Your output should be one number, which is how many lines in the material contain "subst".
++++ Source information
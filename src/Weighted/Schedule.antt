-- ===== src/Weighted/Schedule.antt =====
-- The schedule serves every backend in proportion to its weight.
use plecto.Prelude.{
  ℕ, zero, suc, ◌+◌, ◌*◌, ◌%◌, ◌≤◌, ◌<◌, ◌≡◌, refl, ◌∙◌, ap, subst, take, List, ◌∷◌, arith, length,
  get_or, replicate, inl, inr, ◌⊎◌,
}
use native.Mathlib.Decide.{dec_le}
use plecto.Prelude.Int.{ℤ, pos, pos_part, neg_part}
use plecto.Weighted.{ℤ_at, credit, debit, steps, weighted_schedule, sum}
use plecto.Weighted.Deficits.{one_sided, neg_sum-zero, pos_sum-zero}
use plecto.Weighted.Apportioned.{count, steps-Apportioned, start-Apportioned}

take-steps :
    (n m : ℕ) (ws : List ℕ) (total : ℕ) (d : List ℤ)
    → n ≤ m
    → take n (steps ws total d m) ≡ steps ws total d n
unfolding steps
take-steps zero m ws total d h = refl
take-steps (suc n) zero ws total d h = absurd (omega arith)
take-steps (suc n) (suc m) ws total d h =
    ap (λ rest. (credit ws 0 d 0).1 % 65536 ∷ rest)
      (take-steps n m ws total (debit total (credit ws 0 d 0)) (omega arith))

length-steps : (n : ℕ) (ws : List ℕ) (total : ℕ) (d : List ℤ) → length (steps ws total d n) ≡ n
unfolding steps
length-steps zero ws total d = refl
length-steps (suc n) ws total d = ap suc (length-steps n ws total (debit total (credit ws 0 d 0)))

pub length-weighted_schedule : (ws : List ℕ) → length (weighted_schedule ws) ≡ sum ws
unfolding weighted_schedule
length-weighted_schedule ws = length-steps (sum ws) ws (sum ws) (replicate (length ws) (pos 0))

-- For weights with a positive sum, at most 65536 of them: no backend is ever a whole pick ahead of its
-- share. Among the first `n` picks of the period backend `j` stands fewer than `n * weight / sum + 1`
-- times.
pub schedule_never_ahead :
    (ws : List ℕ) (n j : ℕ)
    → 0 < sum ws
    → length ws ≤ 65536
    → n ≤ sum ws
    → j < length ws
    → count j (take n (weighted_schedule ws)) * sum ws < n * get_or ws j 0 + sum ws
unfolding weighted_schedule
schedule_never_ahead ws n j p u h l =
    let (d, v) =
      steps-Apportioned n ws 0 (λ j. 0) (replicate (length ws) (pos 0)) p (omega arith) u
        (start-Apportioned ws p) in
    rw (take-steps n (sum ws) ws (sum ws) (replicate (length ws) (pos 0)) h)
      (omega (arith, v.balance j l, v.above j l))

mul_mono : (a b t : ℕ) → a ≤ b → a * t ≤ b * t
mul_mono a b t h = grind arith

-- A deficit after the whole period is a multiple of the total above minus it, so it is not negative.
no_debt : (c w t p n : ℕ) → (p ≡ 0) ⊎ (n ≡ 0) → n < t → p + c * t ≡ t * w + n → n ≡ 0
no_debt c w t p n (inr z) low e = z
no_debt c w t p n (inl z) low e = elim (dec_le c w) [
  | yes h ↦ omega (arith, mul_mono c w t h)
  | no h ↦ absurd (omega (arith, mul_mono (suc w) c t (omega arith)))
]

settled_count : (c w t : ℕ) → 0 < t → c * t ≡ t * w → c ≡ w
settled_count c w t p e = elim (dec_le c w) [
  | no h ↦ absurd (omega (arith, mul_mono (suc w) c t (omega arith)))
  | yes h ↦ elim (dec_le w c) [
    | yes k ↦ omega arith
    | no k ↦ absurd (omega (arith, mul_mono (suc c) w t (omega arith)))
  ]
]

-- For weights with a positive sum, at most 65536 of them: over its period, which is as long as the sum
-- of the weights, the schedule serves every backend exactly as often as its weight says.
pub schedule_proportional :
    (ws : List ℕ) (j : ℕ)
    → 0 < sum ws
    → length ws ≤ 65536
    → j < length ws
    → count j (weighted_schedule ws) ≡ get_or ws j 0
unfolding weighted_schedule
schedule_proportional ws j p u l =
    let (d, v) =
      steps-Apportioned (sum ws) ws 0 (λ j. 0) (replicate (length ws) (pos 0)) p (omega arith) u
        (start-Apportioned ws p) in
    let no_neg : ((i : ℕ) → i < length ws → neg_part (ℤ_at d i) ≡ 0) = λ i h.
      no_debt (count i (steps ws (sum ws) (replicate (length ws) (pos 0)) (sum ws))) (get_or ws i 0)
        (sum ws) _ _ (one_sided (ℤ_at d i)) (v.above i h) (omega (arith, v.balance i h)) in
    let no_pos : pos_part (ℤ_at d j) ≡ 0 =
      pos_sum-zero d j
        (v.settled ∙ neg_sum-zero d (λ i h. no_neg i (subst (λ m. i < m) v.same_length h))) in
    settled_count _ (get_or ws j 0) (sum ws) p (omega (arith, v.balance j l, no_pos, no_neg j l))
++++++++
== Response box ==
2